You Ain’t Seen Nethane Yet—More Ethane Rejection, Exports On the Way

A drum we have been beating with some regularity here at RBN  is that, thanks to fast-rising production in the Eagle Ford, Permian, Marcellus/Utica and other “wet” natural gas plays, the US is awash in ethane and will become even more so. As it turns out, we now expect that “potential ethane” production will increase even more quickly than we had previously thought, to 2 MMb/d in 2016 and 2.6 MMB/d in 2019. We also believe that while the half dozen world-class steam crackers expected to come online the next few years will use some of the increased output, there will still be a lot of surplus ethane left to export—or, failing that, to reject into natural gas. In today’s blog, we provide updates on ethane production, economics and rejection, and on the potential for new ethane-consuming steam crackers and increasing ethane exports.

Ethane makes up the largest portion of the NGL barrel, ranging between 40% and 65% of most NGL production.  It is the lightest and least valuable of the NGLs, and it has only one use (other than rejection and use as fuel).  And that is as a petrochemical feedstock in an olefin “steam” cracker.
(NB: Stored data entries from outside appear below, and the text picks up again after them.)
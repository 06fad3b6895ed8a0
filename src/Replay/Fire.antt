-- ===== src/Replay/Fire.antt =====
-- `fireStack` of internal/replay/replay.go: one request to a stack and its write changes.
use mocking_box.Prelude.{
  ℕ, ◌*◌, take, Bool, true, false, ◌&&◌, List, [], ◌∷◌, ◌++◌, Option, none, some, if◌then◌else◌,
  GoString, str, eqs, to_lower, get, put, Result, ok, fail,
}
use mocking_box.Diff.Value.{Numerics}
use mocking_box.Diff.Response.{Response}
use mocking_box.Diff.Writeset.{RowChange}
use mocking_box.Corpus.{RequestSpec, Headers, body_bytes}

-- `http.Request`; `host` is none where the URL's host is sent.
pub record Request : Type 0 where
  pub method : GoString
  pub url : GoString
  pub host : Option GoString
  pub header : Headers
  pub body : Option GoString

-- What the code calls: the canonical form of a header name, http.NewRequest's refusal of a method and
-- a URL, client.Do with the whole body, and the window of a write-set source.
pub record Services (N : Numerics) : Type 1 where
  pub State : Type 0
  pub canonical_key : GoString → GoString
  pub refusal : GoString → GoString → Option GoString
  pub send : Request → State → Result Response × State
  pub begin_window : State → State
  pub take_window : State → Result (List (RowChange N)) × State

-- `maxBodyBytes`
abbrev pub max_body_bytes : ℕ
max_body_bytes = 1024 * 1024

-- `fired`
pub record Fired (N : Numerics) : Type 0 where
  pub response : Response
  pub changes : List (RowChange N)

-- `toLower` on the names of the headers of a response
unfoldable pub lowered : Headers → Headers → Headers
unfolding to_lower put
lowered [] headers = headers
lowered ((k, v) ∷ hs) headers = lowered hs (put (to_lower k) v headers)

module _ {N : Numerics} (S : Services N) where
  -- The loop over `spec.Headers`: the host goes to its field, the others to the header.
  unfoldable pub set_headers : Headers → Request → Request
  unfolding eqs to_lower put
  set_headers [] req = req
  set_headers ((k, v) ∷ hs) req = set_headers hs (
      if eqs (to_lower k) (str "host")
      then record {
        method = req.method;
        url = req.url;
        host = some v;
        header = req.header;
        body = req.body;
      }
      else record {
        method = req.method;
        url = req.url;
        host = req.host;
        header = put (S.canonical_key k) v (req.header);
        body = req.body;
      })

  or_empty : Option GoString → GoString
  or_empty none = []
  or_empty (some v) = v

  -- The default content type of a JSON body.
  unfoldable pub with_content_type : Bool → Request → Request
  unfolding eqs get put or_empty
  with_content_type is_json req =
      let key = S.canonical_key (str "content-type") in
      if is_json && eqs (or_empty (get key (req.header))) []
      then record {
        method = req.method;
        url = req.url;
        host = req.host;
        header = put key (str "application/json") (req.header);
        body = req.body;
      }
      else req

  new_request : RequestSpec N → GoString → Option GoString → Request
  new_request spec base_url bytes = record {
    method = spec.method;
    url = base_url ++ spec.path;
    host = none;
    header = [];
    body = bytes;
  }

  -- `http.NewRequest` and what the code sets before it sends the request.
  unfoldable pub built :
      RequestSpec N → GoString → Option GoString × Bool → Option GoString → Result Request
  unfolding new_request set_headers with_content_type
  built spec base_url (bytes, is_json) (some e) = fail e
  built spec base_url (bytes, is_json) none =
      ok (with_content_type is_json (set_headers (spec.headers) (new_request spec base_url bytes)))

  -- The request of a spec, or the error that keeps it from being sent.
  unfoldable pub request_of : RequestSpec N → GoString → Result Request
  unfolding body_bytes built
  request_of spec base_url = go (body_bytes spec)
    where
      go : Result (Option GoString × Bool) → Result Request
      go (fail e) = fail e
      go (ok b) = built spec base_url b (S.refusal (spec.method) (base_url ++ spec.path))

  -- Of the body, what io.LimitReader lets through.
  fired_of : Response → List (RowChange N) → Fired N
  unfolding lowered
  fired_of resp changes = record {
    response = record {
      status = resp.status;
      body = take max_body_bytes (resp.body);
      headers = lowered (resp.headers) [];
    };
    changes = changes;
  }

  -- The window is closed, if the stack has a source.
  collect : Bool → Response → S.State → Result (Fired N) × S.State
  unfolding fired_of
  collect false resp s = (ok (fired_of resp []), s)
  collect true resp s = go (S.take_window s)
    where
      go : Result (List (RowChange N)) × S.State → Result (Fired N) × S.State
      go (ok changes, s') = (ok (fired_of resp changes), s')
      go (fail e, s') = (fail e, s')

  sent : Bool → Result Response × S.State → Result (Fired N) × S.State
  unfolding collect
  sent capture (fail e, s) = (fail e, s)
  sent capture (ok resp, s) = collect capture resp s

  -- `fireStack`; `capture` says whether the stack has a write-set source.
  unfoldable pub fire_stack : Bool → GoString → RequestSpec N → S.State → Result (Fired N) × S.State
  unfolding request_of sent
  fire_stack capture base_url spec s =
      go (request_of spec base_url) (if capture then S.begin_window s else s)
    where
      go : Result Request → S.State → Result (Fired N) × S.State
      go (fail e) s' = (fail e, s')
      go (ok req) s' = sent capture (S.send req s')
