-- ===== src/Replay/Run.antt =====
-- The live comparison of internal/replay/replay.go: `Runner.Run` and `runOne`. The time that a result
-- took is left out.
use mocking_box.Prelude.{
  Bool, List, [], ◌∷◌, ◌++◌, Option, GoString, str, ℤ, pos, Result, ok, fail, map,
}
use mocking_box.Diff.Value.{Numerics, Value}
use mocking_box.Diff.SortArrays.{SortRule}
use mocking_box.Diff.Response.{Difference, Options, diff_responses}
use mocking_box.Diff.Writeset.{RowChange, WriteEntry, normalize_writeset, diff_writesets}
use mocking_box.Diff.Verdict.{Verdict, error, verdict_of}
use mocking_box.Config.{Config, Seconds}
use mocking_box.Corpus.{RequestSpec, describe}
use mocking_box.Replay.Fire.{Services, Fired, fire_stack}

-- `Result`
pub record Outcome (N : Numerics) : Type 0 where
  pub name : GoString
  pub request : GoString
  pub verdict : Verdict
  pub error_text : GoString
  pub old_status : ℤ
  pub new_status : ℤ
  pub old_body : GoString
  pub new_body : GoString
  pub differences : List (Difference N)
  pub old_writeset : List (WriteEntry N)
  pub new_writeset : List (WriteEntry N)

-- A result that has failed: the verdict is ERROR, and nothing else is set.
unfoldable pub failed_outcome : {N : Numerics} → RequestSpec N → GoString → Outcome N
unfolding describe
failed_outcome spec message = record {
  name = spec.name;
  request = describe spec;
  verdict = error;
  error_text = message;
  old_status = pos 0;
  new_status = pos 0;
  old_body = [];
  new_body = [];
  differences = [];
  old_writeset = [];
  new_writeset = [];
}

-- `sortRules`
unfoldable pub sort_rules : {T : Seconds} → Config T → List SortRule
sort_rules cfg = map (λ r. record { path = r.0; by = r.1 }) (cfg.sort_arrays)

unfoldable pub run_options : {T : Seconds} → Config T → Options
unfolding sort_rules
run_options cfg = record {
  noise_paths = cfg.noise.response_paths;
  compare_headers = cfg.compare_headers;
  sort_rules = sort_rules cfg;
}

module _ {N : Numerics} {T : Seconds} (unmarshal : GoString → Option (Value N))
    (cfg : Config T) where
  unfoldable pub writeset_of : List (RowChange N) → List (WriteEntry N)
  unfolding normalize_writeset
  writeset_of changes = normalize_writeset changes (cfg.noise.columns) (cfg.noise.tables_ignore)

  -- `runOne` after both stacks answered
  unfoldable pub compared : RequestSpec N → Fired N → Fired N → Outcome N
  unfolding describe run_options writeset_of diff_responses diff_writesets verdict_of
  compared spec old new =
      let response_diffs =
        diff_responses unmarshal (old.response) (new.response) (run_options cfg) in
      let writeset_diffs = diff_writesets (writeset_of (old.changes)) (writeset_of (new.changes)) in
      record {
        name = spec.name;
        request = describe spec;
        verdict = verdict_of response_diffs writeset_diffs;
        error_text = [];
        old_status = old.response.status;
        new_status = new.response.status;
        old_body = old.response.body;
        new_body = new.response.body;
        differences = response_diffs ++ writeset_diffs;
        old_writeset = writeset_of (old.changes);
        new_writeset = writeset_of (new.changes);
      }

  module _ (S : Services N) (old_capture new_capture : Bool) where
    unfoldable pub after_new :
        RequestSpec N → Fired N → Result (Fired N) × S.State → Outcome N × S.State
    unfolding failed_outcome compared
    after_new spec old (fail e, s) = (failed_outcome spec (str "new: " ++ e), s)
    after_new spec old (ok new, s) = (compared spec old new, s)

    unfoldable pub after_old : RequestSpec N → Result (Fired N) × S.State → Outcome N × S.State
    unfolding failed_outcome fire_stack after_new
    after_old spec (fail e, s) = (failed_outcome spec (str "old: " ++ e), s)
    after_old spec (ok old, s) =
        after_new spec old (fire_stack S new_capture (cfg.new.base_url) spec s)

    -- `runOne`
    unfoldable pub run_one : RequestSpec N → S.State → Outcome N × S.State
    unfolding fire_stack after_old
    run_one spec s = after_old spec (fire_stack S old_capture (cfg.old.base_url) spec s)

    -- `Run`
    unfoldable pub run : List (RequestSpec N) → S.State → List (Outcome N) × S.State
    unfolding run_one
    run [] s = ([], s)
    run (spec ∷ specs) s =
        let (result, s') = run_one spec s in
        let (results, s'') = run specs s' in (result ∷ results, s'')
If there is inadequate demand for ethane at a price that justifies its extraction from the gas stream, then it is simply left in the gas and sold for its BTU value as pipeline natural gas – a practice known as rejection. Given that ethane production over the past three years has far exceeded domestic petchem demand its price has plummeted from 2011-12 highs (and from a spike in early 2014 that came in sympathy with a big weather-related jump in propane and natural gas prices) and now hovers just above 20 cents/gal (see Figure #1A)—or when considered on a per-BTU basis, at only 85% to 90% of the per-BTU value of Henry Hub natural gas (see Figures #1B and C). [Note that we calculate this ratio each day and display the graphic results in our Spotcheck service provided as part of RBN Energy’s Backstage Pass premium service.]

Figure #1

Source: OPIS, RBN Energy (Click to Enlarge)
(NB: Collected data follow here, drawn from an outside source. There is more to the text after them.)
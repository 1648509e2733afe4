-- ===== src/Pipeline/Store.antt =====
-- The state store of cmd/projector/state.go: the cursors, the config snapshot and the time of the last
-- complete tick. The watermarks, which it keeps too, stand with the replica that they guard.
use canebot_projector_repo.Base.{ℕ, String, Option, none, some, List, [], lookup, insert}

-- A row of `source_cursors`.
pub record Cursor : Type 0 where
  pub last_src_id : ℕ
  pub last_closed_ms : ℕ

pub record Store : Type 0 where
  pub cursors : List (String × Cursor)
  pub config_snapshot : List (String × String)
  pub last_alive_ms : Option ℕ

abbrev pub empty_store : Store
empty_store = record { cursors = []; config_snapshot = []; last_alive_ms = none }

-- `Cursor`: zero where there is no row.
unfoldable pub cursor : Store → String → Cursor
cursor st table = elim (lookup table st.cursors) [
  | none ↦ record { last_src_id = 0; last_closed_ms = 0 }
  | some c ↦ c
]

unfoldable pub set_cursor : Store → String → ℕ → ℕ → Store
set_cursor st table last_id last_closed_ms = record st {
  cursors =
      insert table (record { last_src_id = last_id; last_closed_ms = last_closed_ms }) st.cursors;
}

-- `LastAlive`: 0 where no tick has completed.
unfoldable pub last_alive : Store → ℕ
last_alive st = elim st.last_alive_ms [ none ↦ 0 | some ms ↦ ms ]

unfoldable pub mark_alive : Store → ℕ → Store
mark_alive st ms = record st { last_alive_ms = some ms }
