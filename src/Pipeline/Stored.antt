-- ===== src/Pipeline/Stored.antt =====
-- What is stored in the state store is what is read from it.
use canebot_projector_repo.Base.{
  ℕ, ◌≡◌, ap, ◌∙◌, String, Bool, false, Option, none, some, lookup, lookup-insert, str_eq, eq_refl,
  if◌then◌else◌,
}
use canebot_projector_repo.Pipeline.Store.{Cursor, Store, cursor, set_cursor}

-- The cursor of a table that is found, or zero.
abbrev or_new : Option Cursor → Cursor
or_new none = record { last_src_id = 0; last_closed_ms = 0 }
or_new (some c) = c

pub cursor-set_self :
    (st : Store) (table : String) (id ms : ℕ)
    → cursor (set_cursor st table id ms) table ≡ record { last_src_id = id; last_closed_ms = ms }
unfolding cursor set_cursor
cursor-set_self st table id ms =
    let c : Cursor = record { last_src_id = id; last_closed_ms = ms } in
    ap or_new (
      lookup-insert table table c st.cursors
      ∙ ap (λ (b : Bool). if b then some c else lookup table st.cursors) (eq_refl table))

pub cursor-set_other :
    (st : Store) (table other : String) (id ms : ℕ)
    → str_eq table other ≡ false
    → cursor (set_cursor st table id ms) other ≡ cursor st other
unfolding cursor set_cursor
cursor-set_other st table other id ms d =
    let c : Cursor = record { last_src_id = id; last_closed_ms = ms } in
    ap or_new (
      lookup-insert table other c st.cursors
      ∙ ap (λ (b : Bool). if b then some c else lookup other st.cursors) d)
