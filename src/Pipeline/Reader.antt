-- ===== src/Pipeline/Reader.antt =====
-- The source of cmd/projector/reader.go: its tables, in the order of ids, and the batched reads of
-- `OrdersAfter`, `FSMEventsAfter`, `FaultsAfter`, `SensorTogglesAfter` and `StepRunsAfter`.
use canebot_projector_repo.Base.{
  ℕ, String, Option, none, some, List, [], ◌∷◌, filter, ltb, str_eq, if◌then◌else◌,
}
use canebot_projector_repo.Rows.{
  SrcOrder, SrcFsmEvent, SrcFault, SrcSensorToggle, SrcStepRun, SrcActuatorInterval,
  StepRunActuator,
}
use canebot_projector_repo.Tracker.Inputs.{order, event, step_run, fault, toggle}
use canebot_projector_repo.Pipeline.Actuators.{take}
use canebot_projector_repo.Pipeline.Merge.{TimelineItem}

-- A row of a source table: `row` is what is made of it, or none where its timestamp cannot be parsed.
pub record SourceRow {ℓ} (A : Type ℓ) : Type ℓ where
  pub id : ℕ
  pub row : Option A

-- A read that fails is none. A closed row of the outputs is none where its times cannot
-- be parsed.
pub record Source : Type 0 where
  pub orders : Option (List (SourceRow SrcOrder))
  pub fsm_events : Option (List (SourceRow SrcFsmEvent))
  pub faults : Option (List (SourceRow SrcFault))
  pub sensor_input_toggles : Option (List (SourceRow SrcSensorToggle))
  pub fsm_step_runs : Option (List (SourceRow SrcStepRun))
  pub config : Option (List (String × String))
  pub actuator_output_intervals : Option (List (Option SrcActuatorInterval))

module _ {ℓ} {A : Type ℓ} where
  -- The loop over the result of the query: a row that cannot be parsed is skipped.
  unfoldable pub parsed_rows : List (SourceRow A) → List A
  parsed_rows [] = []
  parsed_rows (x ∷ xs) = elim x.row [ none ↦ parsed_rows xs | some a ↦ a ∷ parsed_rows xs ]

  -- `WHERE id > ? ORDER BY id LIMIT ?`
  unfoldable pub query_after : ℕ → ℕ → List (SourceRow A) → List (SourceRow A)
  unfolding take
  query_after batch_size after_id table =
      take batch_size (filter (λ (x : SourceRow A). ltb after_id x.id) table)

  unfoldable pub rows_after : ℕ → ℕ → List (SourceRow A) → List A
  unfolding parsed_rows query_after
  rows_after batch_size after_id table = parsed_rows (query_after batch_size after_id table)

-- `fsm_step_runs` where the fault columns are not there: they are read as empty.
unfoldable pub without_faults : SrcStepRun → SrcStepRun
without_faults sr = record sr { fault_type = ""; fault_message = "" }

-- The items that `collect` makes of the rows.
unfoldable pub order_item : SrcOrder → TimelineItem
order_item o = record { at = o.ts; kind = 0; src_id = o.id; input = order o }

unfoldable pub event_item : SrcFsmEvent → TimelineItem
event_item e = record { at = e.ts; kind = 1; src_id = e.id; input = event e }

-- What `tick` decodes of a step run's blob, where `decode` is what `json.Unmarshal` leaves in the map.
unfoldable pub decode_actuators :
    (String → List (String × StepRunActuator)) → String → List (String × StepRunActuator)
decode_actuators decode s = if str_eq s "" then [] else if str_eq s "{}" then [] else decode s

-- At its end, for that is when the step became a fact.
unfoldable pub step_run_item :
    (String → List (String × StepRunActuator)) → SrcStepRun → TimelineItem
unfolding decode_actuators
step_run_item decode sr = record {
  at = sr.ended;
  kind = 2;
  src_id = sr.id;
  input = step_run sr (decode_actuators decode sr.actuators_json);
}

unfoldable pub fault_item : SrcFault → TimelineItem
fault_item f = record { at = f.ts; kind = 3; src_id = f.id; input = fault f }

unfoldable pub toggle_item : SrcSensorToggle → TimelineItem
toggle_item s = record { at = s.ts; kind = 4; src_id = s.id; input = toggle s }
With ethane prices so low, operators of petchem steam crackers that can use ethane (some cannot – see What’s Crackin’ Dude)) are very happy campers, with record high margins for the production of ethylene from ethane. Ethane producers on the other hand have to carefully determine whether it is more profitable for them to extract ethane for transport and sale to downstream buyers or to reject it by leaving it in the gas stream and selling it as natural gas. The US petrochemical industry’s response to the domestic ethane surplus and the expectation of continued low US ethane prices has been to switch to ethane as their feedstock where they can (at flexible steam crackers), to retrofit less flexible crackers so they can use ethane, and – longer term, to build new ethane-based cracker capacity—including big new crackers. But ethane production is currently easily outpacing the growth in ethane consumption by these steam crackers, so a growing amount of ethane will need to be rejected—or to find another home such as exports to Canada or overseas markets.